Jack Malarkey's comment:

Here's a link to the ACCC report: https://www.accc.gov.au/system/files/1233_Small business in focus #14_D11.pdf. (4 pages). See, in particular, page 3 under the heading 'B2B unfair contract terms'.

The report refers to legislation concerning business-to-business unfair contract terms that took effect in November 2016.

This may well be relevant to the issue of Uber charging its service fee on the GST component of the fare. (BabyBoomer, I strongly suspect this will interest you.)


----------



## UberDriverAU (Nov 4, 2015)

There you go BabyBoomer, make a complaint to the ACCC and let's see if they say it's an unfair contract term to charge a commission on the full amount paid by the rider. I strongly suspect that they will not see it as being an unfair term.


----------



## Jack Malarkey (Jan 11, 2016)

I think they might well find it's unfair, UberDriverAU, but let's see. I do think that this is potentially an effective way of handling this matter and having the position changed or, at worst, clarified.


----------



## UberDriverAU (Nov 4, 2015)

Jack Malarkey said:


> I think they might well find it's unfair, UberDriverAU, but let's see.


I will disagree for the following reasons. The ACCC has obviously been reviewing contracts, and if they considered this to be an unfair contract term then Uber and every single provider of merchant facilities who charges a commission on the same basis (ie. a percentage of what the customer pays) would also be in the ACCC's crosshairs for including such a term.


Jack Malarkey said:


> I do think that this is potentially an effective way of handling this matter and having the position changed or, at worst, clarified.


Agreed.


----------



## Jack Malarkey (Jan 11, 2016)

Thanks, UberDriverAU. Interesting.


----------



## BabyBoomer (Feb 28, 2017)

Good points ...I agree that it might be a good way to get an answer.

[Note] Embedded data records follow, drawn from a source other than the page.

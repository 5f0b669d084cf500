-- ===== src/StatusServer.antt =====
-- galera_init_status_server/galera_init_status_server.go: the server runs in a goroutine, and
-- answers every request alike.
use mariadb_ctrl.Prelude.{String}
use mariadb_ctrl.Go.World.{served}
use mariadb_ctrl.Go.Action.{Go, returned, logged}

-- the interface `ServiceStatus` of start_manager/start_manager.go
pub record ServiceStatus : Type 0 where
  pub start : Go Unit

-- `Start`, which begins to serve and returns nil
unfoldable pub start : Go Unit
start w = returned tt (logged served w)

-- `Status`, for a request of a method and a path
unfoldable pub status : String → String → String
status method path = "galera init done"

-- `NewGaleraInitStatusServer`
abbrev pub new_galera_init_status_server : ServiceStatus
new_galera_init_status_server = record { start = start }
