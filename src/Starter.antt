-- ===== src/Starter.antt =====
-- start_manager/node_starter/starter.go
pub mod Grastate
pub mod Waiting
pub mod Settling
pub mod Launching
pub mod Running
pub mod Calls
use mariadb_ctrl.Prelude.{
  ℕ, zero, suc, ◌*◌, String, ◌==◌, [], ◌∷◌, Option, none, some, if◌then◌else◌,
}
use mariadb_ctrl.Go.Error.{Error, Result, ok, err, message}
use mariadb_ctrl.Go.World.{Cmd, Chan}
use mariadb_ctrl.Go.Action.{Go, returned, blocked, pure, fail, ◌>>=◌, ◌>>◌, attempt}
use mariadb_ctrl.Go.Channel.{poll}
use mariadb_ctrl.Env.{Env}
use mariadb_ctrl.Config.{StartManagerConfig}
use mariadb_ctrl.Text.{sprintf, replace_all}
use mariadb_ctrl.OsHelper.{second, wait_for_command, sleep, read_file, write_file}
use mariadb_ctrl.ClusterHealth.{ClusterHealthChecker}
use mariadb_ctrl.DbHelper.{DbHelper}

-- the interface `Starter`
pub record Starter : Type 0 where
  pub start_node_from_state : String → Go (String × Chan)
  pub get_mysql_cmd : Go (Option Cmd)

abbrev pub clustered : String
clustered = "CLUSTERED"

abbrev pub needs_bootstrap : String
needs_bootstrap = "NEEDS_BOOTSTRAP"

abbrev pub single_node : String
single_node = "SINGLE_NODE"

abbrev pub startup_polling_frequency_in_seconds : ℕ
startup_polling_frequency_in_seconds = 5

abbrev pub unsafe_flag : String
unsafe_flag = "safe_to_bootstrap: 0"

abbrev pub safe_flag : String
safe_flag = "safe_to_bootstrap: 1"

-- the field `mysqlCmd` of the starter
unfoldable pub set_mysql_cmd : Cmd → Go Unit
set_mysql_cmd cmd w = returned tt (record w { mysql_cmd = some cmd })

unfoldable pub get_mysql_cmd : Go (Option Cmd)
get_mysql_cmd w = returned w.mysql_cmd w

abbrev pub mysqld_exited : Error
mysqld_exited =
    message "Mysqld exited with error; aborting. Review the mysqld error logs for more information."

-- `if mysqldChan == nil`
abbrev pub require_chan : Option Chan → Go Chan
require_chan none = fail (message "Starting mysql failed, no channel created - exiting")
require_chan (some ch) = pure ch

module _ (env : Env) (config : StartManagerConfig) (db : DbHelper)
    (checker : ClusterHealthChecker) where
  abbrev pub update_grastate : Result String → Go Unit
  update_grastate (err e) = pure tt
  update_grastate (ok text) =
      write_file env config.grastate_file_location (replace_all text unsafe_flag safe_flag) 0o777

  unfoldable pub bootstrap_node : Go (Option Chan)
  unfolding set_mysql_cmd
  bootstrap_node = do
    text ← attempt (read_file env config.grastate_file_location)
    update_grastate text
    cmd ← db.start_mysqld_in_bootstrap
    set_mysql_cmd cmd
    ch ← wait_for_command cmd
    pure (some ch)

  unfoldable pub join_cluster : Go (Option Chan)
  unfolding set_mysql_cmd
  join_cluster = do
    cmd ← db.start_mysqld_in_join
    set_mysql_cmd cmd
    ch ← wait_for_command cmd
    pure (some ch)

  -- the loop of `waitForDatabaseToAcceptConnections`; without fuel it has not ended
  unfoldable pub wait_for_database : ℕ → Chan → Go Unit
  wait_for_database zero ch = λ w. blocked w
  wait_for_database (suc fuel) ch =
      let go_on = do
        reachable ← db.is_database_reachable
        let again = do
          sleep (startup_polling_frequency_in_seconds * second)
          wait_for_database fuel ch
        if reachable then pure tt else again
      in do exited ← poll env ch; if exited then fail mysqld_exited else go_on

  -- the `switch` of `StartNodeFromState`: the new state and the channel
  unfoldable pub launch : String → Go (String × Option Chan)
  launch state =
      if state == single_node
      then (do ch ← bootstrap_node; pure (single_node, ch))
      else if state == needs_bootstrap
      then (do
        healthy ← checker.healthy_cluster
        ch ← if healthy then join_cluster else bootstrap_node
        pure (clustered, ch))
      else if state == clustered
      then (do ch ← join_cluster; pure (clustered, ch))
      else fail (message (sprintf "Unsupported state file contents: %s" (state ∷ [])))

  -- `seedDatabases`, `seedUsers` and `runPostStartSQL`, which add log lines
  abbrev seed_databases : Go Unit
  seed_databases = db.seed

  abbrev seed_users : Go Unit
  seed_users = db.seed_users

  abbrev run_post_start_sql : Go Unit
  run_post_start_sql = db.run_post_start_sql

  unfoldable pub start_node_from_state : ℕ → String → Go (String × Chan)
  start_node_from_state fuel state = do
    (new_node_state, mysqld_chan) ← launch state
    ch ← require_chan mysqld_chan
    wait_for_database fuel ch
    seed_databases
    seed_users
    run_post_start_sql
    pure (new_node_state, ch)

-- `NewStarter`
unfoldable pub new_starter :
    Env → StartManagerConfig → DbHelper → ClusterHealthChecker → ℕ → Starter
new_starter env config db checker fuel = record {
  start_node_from_state = start_node_from_state env config db checker fuel;
  get_mysql_cmd = get_mysql_cmd;
}
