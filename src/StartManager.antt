-- ===== src/StartManager.antt =====
-- start_manager/start_manager.go
pub mod NodeState
pub mod Supervision
pub mod Ending
pub mod Concurrent
use mariadb_ctrl.Prelude.{String, ◌==◌, Bool, not, ◌&&◌, nat_eq, ltb, length, if◌then◌else◌}
use mariadb_ctrl.Go.World.{Chan}
use mariadb_ctrl.Go.Action.{Go, pure, ◌>>=◌, ◌>>◌, check}
use mariadb_ctrl.Go.Channel.{receive, receive_or_done}
use mariadb_ctrl.Env.{Env, Wake, exit, done}
use mariadb_ctrl.Config.{StartManagerConfig}
use mariadb_ctrl.Text.{trim_space}
use mariadb_ctrl.OsHelper.{sigterm, file_exists, read_file, write_string_to_file, kill_command}
use mariadb_ctrl.DbHelper.{DbHelper}
use mariadb_ctrl.Upgrader.{Upgrader}
use mariadb_ctrl.StatusServer.{ServiceStatus}
use mariadb_ctrl.Starter.{Starter, clustered, needs_bootstrap, single_node}

-- the interface `StartManager`
pub record StartManager : Type 0 where
  pub execute : Go Unit
  pub shutdown : Go Unit

module _ (env : Env) (config : StartManagerConfig) where
  unfoldable pub first_time_deploy : Go Bool
  unfolding file_exists
  first_time_deploy = do exists ← file_exists env config.state_file_location; pure (not exists)

  unfoldable pub read_state_from_file : Go String
  unfolding read_file trim_space
  read_state_from_file = do
    state ← read_file env config.state_file_location
    pure (trim_space state)

  unfoldable pub get_current_node_state : Go String
  unfolding first_time_deploy read_state_from_file
  get_current_node_state = if nat_eq (length config.cluster_ips) 1 then pure single_node else do
    first ← first_time_deploy
    if first then pure (if config.bootstrap_node then needs_bootstrap else clustered) else do
      state ← read_state_from_file
      if state == single_node && ltb 1 (length config.cluster_ips)
          then pure needs_bootstrap
          else pure state

  unfoldable pub write_string : String → Go Unit
  unfolding write_string_to_file
  write_string contents = write_string_to_file env config.state_file_location contents

module _ (env : Env) (config : StartManagerConfig) (db : DbHelper) (upgrader : Upgrader)
    (starter : Starter) (status_server : ServiceStatus) where
  unfoldable pub shutdown : Go Unit
  shutdown = db.stop_mysqld

  -- after the `select`
  abbrev pub terminate : Chan → Wake → Go Unit
  terminate ch (exit e) = check e
  terminate ch done = do
    cmd ← starter.get_mysql_cmd
    kill_command env cmd sigterm
    e ← receive env ch
    check e

  -- from the status server on
  unfoldable pub supervise : Chan → Go Unit
  supervise ch = do status_server.start; wake ← receive_or_done env ch; terminate ch wake

  -- up to the start of the node
  unfoldable pub prepare : Go String
  prepare = do
    running ← db.is_process_running
    if running then shutdown else pure tt
    needs_upgrade ← upgrader.needs_upgrade
    if needs_upgrade then upgrader.upgrade else pure tt
    get_current_node_state env config

  unfoldable pub execute : Go Unit
  execute = do
    current_state ← prepare
    (new_node_state, mysqld_chan) ← starter.start_node_from_state current_state
    write_string env config new_node_state
    supervise mysqld_chan

  -- `New`
  abbrev pub new_start_manager : StartManager
  new_start_manager = record { execute = execute; shutdown = shutdown }
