-- ===== src/Main.antt =====
-- cmd/start/main.go: the parts put together, and the exit status. A panic ends a Go process with
-- the status 2. The handler of SIGTERM cancels the context, which the environment decides.
pub mod Ending
pub mod Extending
pub mod Recording
pub mod Preparing
pub mod Probed
pub mod Renewing
pub mod Choosing
pub mod Deciding
pub mod Rejoining
pub mod Growing
pub mod Restarting
pub mod Configuring
pub mod Remembering
pub mod Deploying
pub mod Statuses
pub mod Tearing
pub mod Stalling
pub mod Crashing
pub mod Exclusive
pub mod Signalling
use mariadb_ctrl.Prelude.{ℕ, String, List, Option}
use mariadb_ctrl.Go.Error.{exited, signaled, Error, message, exit_error, Result, ok, err}
use mariadb_ctrl.Go.World.{listened}
use mariadb_ctrl.Go.Action.{Go, pure, panic, ◌>>=◌, ◌>>◌, attempt, call, check, fatal_if}
use mariadb_ctrl.Env.{Env}
use mariadb_ctrl.Config.{Config}
use mariadb_ctrl.Config.Reading.{ServiceConfig, Loaded, out_of_range, exits, loaded, new_config}
use mariadb_ctrl.Config.Validate.{Fields, ErrorMap, validate}
use mariadb_ctrl.ClusterHealth.{new_cluster_health_checker}
use mariadb_ctrl.DbHelper.{DbHelper}
use mariadb_ctrl.DbHelper.Galera.{new_db_helper}
use mariadb_ctrl.Upgrader.{Upgrader, new_upgrader}
use mariadb_ctrl.StatusServer.{new_galera_init_status_server}
use mariadb_ctrl.Starter.{Starter, new_starter}
use mariadb_ctrl.StartManager.{new_start_manager}

-- `err.(*exec.ExitError)` and the status of its process; any other error gives 1
unfoldable pub exit_status : Result (Unit {0}) → ℕ
exit_status (ok _) = 0
exit_status (err (exit_error (signaled signal))) = signal
exit_status (err (exit_error (exited status))) = status
exit_status (err e) = 1

module _ (env : Env) (cfg : Config) (fuel : ℕ) where
  abbrev pub db_helper : DbHelper
  db_helper = new_db_helper env cfg.db cfg.log_file_location

  abbrev pub upgrader : Upgrader
  upgrader = new_upgrader env cfg.upgrader db_helper

  abbrev pub node_starter : Starter
  node_starter =
      new_starter env cfg.manager db_helper
        (new_cluster_health_checker env cfg.manager.cluster_ips cfg.manager.cluster_probe_timeout)
        fuel

  -- `startManager.Execute` of the manager that `managerSetup` builds
  unfoldable pub execute_configured : Go Unit
  execute_configured =
      (new_start_manager env cfg.manager db_helper upgrader node_starter
        new_galera_init_status_server).execute

  -- `net.Listen` of `managerSetup`
  unfoldable pub manager_setup : Go Unit
  manager_setup = do
    let address = cfg.manager.galera_init_status_server_address
    e ← call (λ t. env.listen t address) (listened address)
    check e

  abbrev after_setup : Result (Unit {0}) → Go ℕ
  after_setup (err e) = pure 1
  after_setup (ok _) = do r ← attempt execute_configured; pure (exit_status r)

  -- `main` after `NewConfig`, whose error comes in: the exit status
  unfoldable pub main : (Fields → ErrorMap) → Option Error → Go ℕ
  main validator config_error = do
    fatal_if config_error
    fatal_if (validate validator cfg)
    r ← attempt manager_setup
    after_setup r

-- `osArgs[0]` of an empty slice
abbrev pub index_out_of_range : Error
index_out_of_range = message "runtime error: index out of range"

module _ (env : Env) (fuel : ℕ) (validator : Fields → ErrorMap) where
  -- `main` from the end of `NewConfig` on
  abbrev pub main_loaded : Loaded → Go ℕ
  main_loaded out_of_range = panic index_out_of_range
  main_loaded (exits status) = pure status
  main_loaded (loaded cfg config_error) = main env cfg fuel validator config_error

  -- `main`, of the arguments of the process: the exit status
  unfoldable pub program : {Parsed : Type 0} → ServiceConfig Parsed → List String → Go ℕ
  unfolding new_config
  program library os_args = main_loaded (new_config library os_args)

Also happy to concede that the legislation may not be simple and clear-cut.

I still maintain that the premise of charging a commission on GST, or calculated using the total value including GST (if that is actually different) -is unfair and illogical. 

Imagine if a mining company told the relevant state government that will commence taking a 25% commission for collecting royalties. 

I know the laws are completely different, but the financial effect is the same. 

I also imagine a different situation / industry where a commission is 40, 50 or 60% using the same arrangements. The effect would start to become absurd (not an extra 2.5% that currently flies under the radar). 

It may be how it has been done for years and condoned by the ATO (because it doesn't affect their income), but it doesn't pass the pub test or the sniff test.

Interesting to see what the ACCC make of it. Thanks to you both for the posts.

Cheers,

BB


----------



## Sandhills (Feb 9, 2018)

I think Jack and BB are right...charging commission on a tax won't go down well..

They only thing to do is just lodge a complaint with the ACCC...

These test cases are what causes change


----------



## Jack Malarkey (Jan 11, 2016)

Sandhills said:


> I think Jack and BB are right...charging commission on a tax won't go down well..
> 
> They only thing to do is just lodge a complaint with the ACCC...
> 
> These test cases are what causes change


It's now less of an issue given that we can now claim a GST credit on the service fee.


----------



## Icecool (Feb 8, 2016)

Jack Malarkey said:


> It's now less of an issue given that we can now claim a GST credit on the service fee.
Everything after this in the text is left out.